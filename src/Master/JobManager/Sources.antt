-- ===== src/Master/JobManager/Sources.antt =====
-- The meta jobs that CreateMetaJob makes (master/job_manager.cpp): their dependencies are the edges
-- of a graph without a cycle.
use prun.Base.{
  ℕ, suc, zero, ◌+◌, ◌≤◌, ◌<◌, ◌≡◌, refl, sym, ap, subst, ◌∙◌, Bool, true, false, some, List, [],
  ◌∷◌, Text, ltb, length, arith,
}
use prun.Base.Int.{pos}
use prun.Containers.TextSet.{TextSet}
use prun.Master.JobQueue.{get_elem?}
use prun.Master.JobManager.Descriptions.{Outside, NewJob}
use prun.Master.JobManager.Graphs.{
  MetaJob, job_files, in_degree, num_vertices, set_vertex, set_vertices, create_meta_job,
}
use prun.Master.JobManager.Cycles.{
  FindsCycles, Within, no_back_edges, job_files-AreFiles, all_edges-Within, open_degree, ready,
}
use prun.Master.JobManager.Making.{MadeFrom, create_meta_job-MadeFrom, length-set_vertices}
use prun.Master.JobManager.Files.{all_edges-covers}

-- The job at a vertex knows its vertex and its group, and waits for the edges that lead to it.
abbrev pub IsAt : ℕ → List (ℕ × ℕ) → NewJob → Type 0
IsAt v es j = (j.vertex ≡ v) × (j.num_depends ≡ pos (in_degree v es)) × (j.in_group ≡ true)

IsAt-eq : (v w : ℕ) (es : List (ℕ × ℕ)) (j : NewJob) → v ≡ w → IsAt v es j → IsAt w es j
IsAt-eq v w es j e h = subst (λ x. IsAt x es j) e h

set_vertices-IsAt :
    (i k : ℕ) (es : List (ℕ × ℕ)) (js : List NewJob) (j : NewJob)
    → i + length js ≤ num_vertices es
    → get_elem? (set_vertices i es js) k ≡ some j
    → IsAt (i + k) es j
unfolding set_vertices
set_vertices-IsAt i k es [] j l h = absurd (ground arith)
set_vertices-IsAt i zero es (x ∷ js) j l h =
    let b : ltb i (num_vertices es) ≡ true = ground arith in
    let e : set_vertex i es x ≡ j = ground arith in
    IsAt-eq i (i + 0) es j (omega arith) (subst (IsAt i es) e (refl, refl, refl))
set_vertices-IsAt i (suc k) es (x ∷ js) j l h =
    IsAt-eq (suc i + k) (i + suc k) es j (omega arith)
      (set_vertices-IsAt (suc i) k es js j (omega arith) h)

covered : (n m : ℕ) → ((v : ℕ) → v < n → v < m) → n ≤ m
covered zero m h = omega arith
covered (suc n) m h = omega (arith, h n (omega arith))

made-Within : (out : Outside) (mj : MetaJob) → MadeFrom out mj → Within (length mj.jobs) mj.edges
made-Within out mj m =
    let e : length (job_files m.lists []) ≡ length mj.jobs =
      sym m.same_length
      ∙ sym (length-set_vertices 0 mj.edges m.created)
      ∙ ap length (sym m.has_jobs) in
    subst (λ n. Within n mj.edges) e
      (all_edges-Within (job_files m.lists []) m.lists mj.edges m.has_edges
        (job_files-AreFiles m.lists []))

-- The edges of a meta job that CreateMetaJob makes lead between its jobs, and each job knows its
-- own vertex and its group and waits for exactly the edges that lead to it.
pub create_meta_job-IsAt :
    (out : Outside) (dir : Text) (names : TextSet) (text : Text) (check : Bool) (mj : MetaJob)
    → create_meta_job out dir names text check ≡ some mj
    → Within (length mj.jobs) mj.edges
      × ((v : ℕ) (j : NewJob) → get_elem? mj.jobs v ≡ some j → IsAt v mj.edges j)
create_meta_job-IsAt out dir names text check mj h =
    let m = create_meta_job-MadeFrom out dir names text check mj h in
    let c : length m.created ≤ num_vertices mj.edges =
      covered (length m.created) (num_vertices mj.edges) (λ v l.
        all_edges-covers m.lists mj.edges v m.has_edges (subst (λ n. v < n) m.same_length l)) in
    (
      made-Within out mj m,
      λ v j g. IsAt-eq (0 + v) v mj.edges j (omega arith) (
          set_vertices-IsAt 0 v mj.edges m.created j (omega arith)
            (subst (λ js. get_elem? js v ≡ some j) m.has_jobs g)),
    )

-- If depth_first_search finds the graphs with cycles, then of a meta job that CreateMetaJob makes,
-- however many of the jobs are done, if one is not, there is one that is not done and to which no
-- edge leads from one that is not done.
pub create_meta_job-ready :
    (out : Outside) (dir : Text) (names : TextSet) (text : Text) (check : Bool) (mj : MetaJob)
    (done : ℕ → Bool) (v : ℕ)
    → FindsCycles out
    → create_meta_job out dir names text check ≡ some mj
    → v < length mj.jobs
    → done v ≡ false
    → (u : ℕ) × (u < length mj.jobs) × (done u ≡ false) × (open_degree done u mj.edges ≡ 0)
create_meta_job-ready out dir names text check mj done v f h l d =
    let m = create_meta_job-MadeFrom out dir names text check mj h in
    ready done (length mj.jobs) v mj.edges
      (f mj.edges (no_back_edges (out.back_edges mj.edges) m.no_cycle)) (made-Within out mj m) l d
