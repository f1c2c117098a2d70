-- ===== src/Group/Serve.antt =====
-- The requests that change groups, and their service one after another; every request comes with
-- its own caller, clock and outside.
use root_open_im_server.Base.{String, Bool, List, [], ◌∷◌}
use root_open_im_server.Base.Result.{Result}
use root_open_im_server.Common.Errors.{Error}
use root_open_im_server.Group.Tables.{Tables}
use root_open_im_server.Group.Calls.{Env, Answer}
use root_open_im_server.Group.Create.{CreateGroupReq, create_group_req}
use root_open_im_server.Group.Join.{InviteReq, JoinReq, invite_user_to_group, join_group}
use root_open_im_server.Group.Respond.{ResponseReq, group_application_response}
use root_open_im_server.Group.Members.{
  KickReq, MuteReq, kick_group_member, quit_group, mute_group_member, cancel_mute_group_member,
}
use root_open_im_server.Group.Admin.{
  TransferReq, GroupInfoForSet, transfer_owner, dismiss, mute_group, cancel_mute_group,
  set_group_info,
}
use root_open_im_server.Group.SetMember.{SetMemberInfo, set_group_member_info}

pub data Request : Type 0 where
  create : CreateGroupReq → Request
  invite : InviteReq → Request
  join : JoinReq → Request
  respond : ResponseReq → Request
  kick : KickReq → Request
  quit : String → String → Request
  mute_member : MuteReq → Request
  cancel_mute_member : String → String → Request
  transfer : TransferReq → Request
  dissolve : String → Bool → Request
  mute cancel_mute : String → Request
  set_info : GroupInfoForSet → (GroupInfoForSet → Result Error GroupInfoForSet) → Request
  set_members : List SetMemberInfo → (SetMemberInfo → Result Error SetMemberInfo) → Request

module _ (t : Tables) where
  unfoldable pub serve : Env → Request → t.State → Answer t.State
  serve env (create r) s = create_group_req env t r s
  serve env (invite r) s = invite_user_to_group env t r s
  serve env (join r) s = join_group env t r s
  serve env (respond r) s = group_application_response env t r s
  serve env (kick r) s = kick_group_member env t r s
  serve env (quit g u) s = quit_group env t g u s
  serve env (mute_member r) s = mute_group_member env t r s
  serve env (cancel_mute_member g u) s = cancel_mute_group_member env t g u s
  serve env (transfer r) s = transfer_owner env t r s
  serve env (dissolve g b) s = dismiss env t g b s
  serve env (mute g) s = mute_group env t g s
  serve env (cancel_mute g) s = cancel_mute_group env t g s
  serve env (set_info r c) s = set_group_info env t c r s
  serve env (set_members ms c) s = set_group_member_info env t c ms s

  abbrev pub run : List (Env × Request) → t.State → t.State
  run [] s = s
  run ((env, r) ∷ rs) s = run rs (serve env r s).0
* * * * * * *
WHAT THE TASK ASKS: Using the records above, copy each line that contains "ResponseReq".

EXERCISE RESULT:
use root_open_im_server.Group.Respond.{ResponseReq, group_application_response}
  respond : ResponseReq → Request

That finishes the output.